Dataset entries
-- ===== src/Creation/Mints.antt =====
-- The creation of the vaults and of the pool's account (`create_token_account` and
-- `create_or_allocate_account` of programs/cp-swap/src/utils/token.rs, `create_pool` of
-- instructions/initialize.rs), with the payments, changes no mint.
use mim_swap_sol.Prelude.{
  ℕ, Bool, ◌>>=◌, ◌-◌, ◌≡◌, ◌==◌, ltb, not, ◌&&◌, refl, ok_injective, Bool-cases, inl, inr, ok, err,
  ◌∙◌, >>=-elim,
}
use Prim.Native.Nat.{max}
use mim_swap_sol.Errors.{Pubkey, Result, Error, call}
use mim_swap_sol.Token.Interface.{Transfer, TokenProgram}
use mim_swap_sol.Token.Calls.{transfer_from_user_to_pool_vault}
use mim_swap_sol.Token.Laws.{TransferLaws}
use mim_swap_sol.States.Config.{AmmConfig}
use mim_swap_sol.Swap.Accounts.{Clock}
use mim_swap_sol.Creation.System.{
  SystemProgram, pool_len, allocate_account, create_or_allocate_account, token_account_space,
  create_token_account, create_pool,
}
use mim_swap_sol.Creation.Accounts.{Program, CreationAccounts, payment_0, payment_1}
use mim_swap_sol.Creation.Handlers.{fill_vaults}
use mim_swap_sol.Creation.SystemLaws.{SystemLaws, call-some}

module _ (t : TokenProgram) (s : SystemProgram t) (system : SystemLaws t s) (m : Pubkey) where
  allocate_account-mints :
      (program payer target space : ℕ) (l : t.Ledger) {l' : t.Ledger}
      → allocate_account t s program payer target space l ≡ ok l'
      → t.mint l' m ≡ t.mint l m
  unfolding allocate_account
  allocate_account-mints program payer target space l {l'} h =
      let required = max (s.minimum_balance space) 1 - s.lamports l target in
      elim (Bool-cases (ltb 0 required)) [
        | inl short ↦
            >>=-elim (call (s.transfer payer target required l)) _ (rw short at h) λ funded e0 h0.
              spaced funded h0
              ∙ system.transfer_mints payer target required l m {l' = funded} (call-some _ e0)
        | inr enough ↦ spaced l (rw enough at h)
      ]
    where
      spaced :
          (funded : t.Ledger)
          → (call (s.allocate target space funded) >>= λ x. call (s.assign target program x))
            ≡ ok l'
          → t.mint l' m ≡ t.mint funded m
      spaced funded e = >>=-elim (call (s.allocate target space funded)) _ e λ allocated e0 h0.
          system.assign_mints target program allocated m {l' = l'} (call-some _ h0)
          ∙ system.allocate_mints target space funded m {l' = allocated} (call-some _ e0)

  create_or_allocate_account-mints :
      (program payer target space : ℕ) (l : t.Ledger) {l' : t.Ledger}
      → create_or_allocate_account t s program payer target space l ≡ ok l'
      → t.mint l' m ≡ t.mint l m
  unfolding create_or_allocate_account
  create_or_allocate_account-mints program payer target space l {l'} h =
      elim (Bool-cases (s.lamports l target == 0)) [
        | inl empty ↦
            system.create_mints payer target (s.minimum_balance space) space program l m {l' = l'}
              (call-some _ (rw empty at h))
        | inr funded ↦
            allocate_account-mints program payer target space l {l' = l'} (rw funded at h)
      ]

  create_token_account-mints :
      (authority payer account mint program : Pubkey) (l : t.Ledger) {l' : t.Ledger}
      → create_token_account t s authority payer account mint program l ≡ ok l'
      → t.mint l' m ≡ t.mint l m
  unfolding create_token_account
  create_token_account-mints authority payer account mint program l {l'} h =
      >>=-elim (token_account_space t s (t.mint l mint)) _ h λ space e0 h0.
        >>=-elim (create_or_allocate_account t s program payer account space l) _ h0
          λ created e1 h1.
            system.initialize_mints program account mint authority created m {l' = l'}
              (call-some _ h1)
            ∙ create_or_allocate_account-mints program payer account space l {l' = created} e1

  create_pool-mints :
      (program expected payer account : Pubkey) (is_signer : Bool) (l : t.Ledger) {l' : t.Ledger}
      → create_pool t s program expected payer account is_signer l ≡ ok l'
      → t.mint l' m ≡ t.mint l m
  unfolding create_pool
  create_pool-mints program expected payer account is_signer l {l'} h =
      elim (Bool-cases (not (s.owner l account == s.id))) [
        | inl owned ↦ absurd (refused (rw owned at h))
        | inr free ↦ elim (Bool-cases (not (account == expected) && not is_signer)) [
          | inl elsewhere ↦ absurd (refused (rw (free, elsewhere) at h))
          | inr placed ↦
              create_or_allocate_account-mints program payer account pool_len l {l' = l'}
                (rw (free, placed) at h)
        ]
      ]
    where
      refused : {e : Error} → ◌≡◌ {A = Result t.Ledger} (err e) (ok l') → ⊥
      refused e = cc

  module _ (laws : TransferLaws t) where
    payment-mints :
        (epoch amount decimals : ℕ) (x : Transfer) (l : t.Ledger) {l' : t.Ledger}
        → transfer_from_user_to_pool_vault t epoch x amount decimals l ≡ ok l'
        → t.mint l' m ≡ t.mint l m
    unfolding transfer_from_user_to_pool_vault
    payment-mints epoch amount decimals x l {l'} h = elim (Bool-cases (amount == 0)) [
      | inl nothing ↦ let same : l ≡ l' = ok_injective l l' (rw nothing at h) in rw same refl
      | inr moves ↦ laws.mints x amount decimals epoch l m {l' = l'} (call-some _ (rw moves at h))
    ]

    pub fill_vaults-mints :
        (program : Program) (config : AmmConfig) (clock : Clock) (a : CreationAccounts)
        (amount_0 amount_1 : ℕ) (l : t.Ledger) {l' : t.Ledger}
        → fill_vaults t s program config clock a amount_0 amount_1 l ≡ ok l'
        → t.mint l' m ≡ t.mint l m
    unfolding fill_vaults
    fill_vaults-mints program config clock a amount_0 amount_1 l {l'} h =
        >>=-elim
          (create_token_account t s a.authority a.payer a.token_0_vault a.token_0_mint
            a.token_0_program l)
          _ h
          λ l0 e0 h0.
            >>=-elim
              (create_token_account t s a.authority a.payer a.token_1_vault a.token_1_mint
                a.token_1_program l0)
              _ h0
              λ l1 e1 h1.
                >>=-elim
                  (create_pool t s program.id
                    (program.pool_address a.amm_config a.token_0_mint a.token_1_mint) a.payer
                    a.pool_state a.pool_state_is_signer l1)
                  _ h1
                  λ l2 e2 h2.
                    >>=-elim
                      (transfer_from_user_to_pool_vault t clock.epoch (payment_0 a) amount_0
                        (t.mint l a.token_0_mint).decimals l2)
                      _ h2
                      λ l3 e3 h3.
                        payment-mints clock.epoch amount_1 _ (payment_1 a) l3 {l' = l'} h3
                        ∙ payment-mints clock.epoch amount_0 _ (payment_0 a) l2 {l' = l3} e3
                        ∙ create_pool-mints program.id _ a.payer a.pool_state a.pool_state_is_signer
                            l1 {l' = l2} e2
                        ∙ create_token_account-mints a.authority a.payer a.token_1_vault
                            a.token_1_mint a.token_1_program l0 {l' = l1} e1
                        ∙ create_token_account-mints a.authority a.payer a.token_0_vault
                            a.token_0_mint a.token_0_program l {l' = l0} e0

→ **TASK STATEMENT**: Look through the data above and return exactly the lines from the one that contains "(transfer_from_user_to_pool_vault t clock.epoch" to the one that contains "λ l3 e3 h3.", inclusive, with nothing else.

→ **TASK RESPONSE**:
                      (transfer_from_user_to_pool_vault t clock.epoch (payment_0 a) amount_0
                        (t.mint l a.token_0_mint).decimals l2)
                      _ h2
                      λ l3 e3 h3.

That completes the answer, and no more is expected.